Para Antônio Menezes, também ex-diretor da estatal brasileira, o possível vazamento de informações sobre o campo do pré-sal é muito grave e impactaria o mercado internacional. “Comercialmente, o efeito internacional disso aí é de uma concorrência com carta marcada pra alguns lugares, alguns países, para alguns amigos”, disse.
Questionado pela reportagem sobre quais informações sigilosas da Petrobras poderiam ter sido procuradas, Adriano Pires, especialista em infraestrutura, disse que, se fosse espião, buscaria principalmente aquelas ligadas à tecnologia de exploração de petróleo no mar.

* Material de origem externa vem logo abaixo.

-- ===== src/Games/History/Tests.antt =====
-- Two agents over three steps, in a history of two.
use rs_social_simulation_too.Prelude.{
  ℕ, ◌<◌, ◌≤◌, ◌≡◌, refl, arith, none, some, List, [], ◌∷◌, min, length,
}
use rs_social_simulation_too.Prelude.{recent}
use rs_social_simulation_too.Prelude.{Option}
use rs_social_simulation_too.Core.{AgentId}
use rs_social_simulation_too.Games.History.{
  StepRecord, StepHistory, HistoryView, new, view, iter, len, last, last_of,
}
use rs_social_simulation_too.Games.History.Told.{told}
use rs_social_simulation_too.Games.History.View.{record_all, view-record_all}

abbrev paid : ℕ → StepRecord ℕ ℕ
paid payoff = record { action = none; payoff = payoff; n_played = 1 }

abbrev played : ℕ → ℕ → StepRecord ℕ ℕ
played action payoff = record { action = some action; payoff = payoff; n_played = 1 }

abbrev steps : List (List (StepRecord ℕ ℕ) × List (AgentId × Option ℕ))
steps =
    (paid 3 ∷ paid 4 ∷ [], (0, some 0) ∷ (1, some 1) ∷ [])
    ∷ (paid 5 ∷ paid 6 ∷ [], (1, none) ∷ (1, some 1) ∷ (1, some 0) ∷ [])
    ∷ (paid 7 ∷ paid 8 ∷ [], (1, some 0) ∷ (0, some 1) ∷ [])
    ∷ []

last_two : recent 2 (told 1 steps) ≡ played 1 6 ∷ played 0 8 ∷ []
last_two = refl

view-record_all_example :
    (h : StepHistory ℕ ℕ) × (record_all (new 0 2 2) steps ≡ some h)
    × (1 < 2
        → (v : HistoryView (StepRecord ℕ ℕ)) × (view h 1 ≡ some v)
          × (iter v ≡ recent 2 (told 1 steps))
          × (len v ≡ min (length (told 1 steps)) 2)
          × (last v ≡ last_of (told 1 steps)))
    × (2 ≤ 1 → view h 1 ≡ none)
view-record_all_example = view-record_all 0 2 2 steps 1 (omega arith) (
  (refl, (omega arith, (omega arith, tt))),
  (
    (refl, (omega arith, (omega arith, (omega arith, tt)))),
    ((refl, (omega arith, (omega arith, tt))), tt),
  ),
)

“A Petrobras é a [empresa] número um no mundo em explorar petróleo no mar. E o pré-sal existe em qualquer lugar do mundo: na África, no Golfo americano, no Mar do Norte. Então, se eu detenho essa tecnologia, posso tirar [petróleo do] do pré-sal onde eu quiser”, afirma o especialista.

Como funciona
Na apresentação da Agência de Segurança Nacional dos EUA, aparecem documentos preparados pela Agência de Espionagem da Inglaterra, aliada dos americanos em questões de espionagem.

Os registros feitos pelos ingleses mostram como funcionam dois programas: “Flying Pig” e “Hush Puppy”, que monitoram as redes privadas por onde trafegam as informações que deveriam ser seguras. Essas redes são conhecidas pela sigla TLS/SSL.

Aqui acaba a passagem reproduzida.